Load other programs in the disk into the memory, re-establish the mapping of the page table through copy-on-write, and change the mapping of the data segment and the code segment in the atomic process to the mapping of other programs, so that the code of the parent and child processes and The data is completely separated.

Interface for process replacement

#include <unistd.h>
int execl (const char *path, const char *arg, ...);
int execlp(const char *file, const char *arg, ...);
int execle(const char *path, const char *arg, ..., char * const envp[]);

int execv (const char *path, char *const argv[]);
int execvp(const char *file, char *const argv[]);
int execve(const char *path, char *const argv[], char *const envp[]);

execl

  • path: The program path used to replace: /usr/bin/ls, it can also be a relative path. To execute a program, the system needs to know how to execute the program, with parameters: ls -a -l
  • arg: Indicates variable parameters for passing in options. Use NULL as the terminator to indicate that the parameter has been passed.
  • The return value does not need to be judged, because the replacement will not return if the replacement is successful, and the subsequent code of the original file will be executed if the replacement fails.
  • Call method: execl ("/usr/bin/ls", "ls", "-a", "-l", NULL);

execlp

(p represents the environment variable path)

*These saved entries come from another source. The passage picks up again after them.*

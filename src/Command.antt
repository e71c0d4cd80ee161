-- ===== src/Command.antt =====
-- The command classes of include/ahkunix/commands/ and of src/commands/ScriptParser.cpp: one
-- constructor for each class that overrides `execute`. A `CommandList` is the second type of the
-- block.
use ahk_unix.Base.{ℕ, Bool, true, false, List, Bytes}
use ahk_unix.Base.Int.{ℤ}

-- `SendInputCommand::Part`: a text to paste, or a key to tap a number of times.
pub data Part : Type 0 where
  text_part : Bytes → Part
  key_part : ℕ → ℤ → Part

mutual
  pub data Command : Type 0 where
    send_input : Bytes → List Part → Command
    sleep : ℤ → Command
    random_assign : Bytes → ℤ → ℤ → Command
    increment : Bytes → Command
    if_command : Bytes → Commands → Commands → Command
    cancel : Command
    show_markdown : Bytes → Command
    text_command : Bytes → Command

  pub data Commands : Type 0 where
    nil : Commands
    cons : Command → Commands → Commands

-- `Command::is_interrupt`: only `CancelCommand` overrides it.
abbrev pub is_interrupt : Command → Bool
is_interrupt cancel = true
is_interrupt _ = false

  • file: The name of the program to be replaced, which can be a relative path, or can be searched in environment variables.
  • arg: Variable parameters, same as above.
  • Return value: no need to judge
  • Call method: execlp(“./hello”, “./hello”, NULL);

execv and execvp

The difference with execl is that variable parameters become string arrays.

char* commands[] = {<!-- -->"./hello", NULL};
std::cout << "I want to replace\\
";
execv("./hello",commands);

execle and execve

You can import environment variables yourself.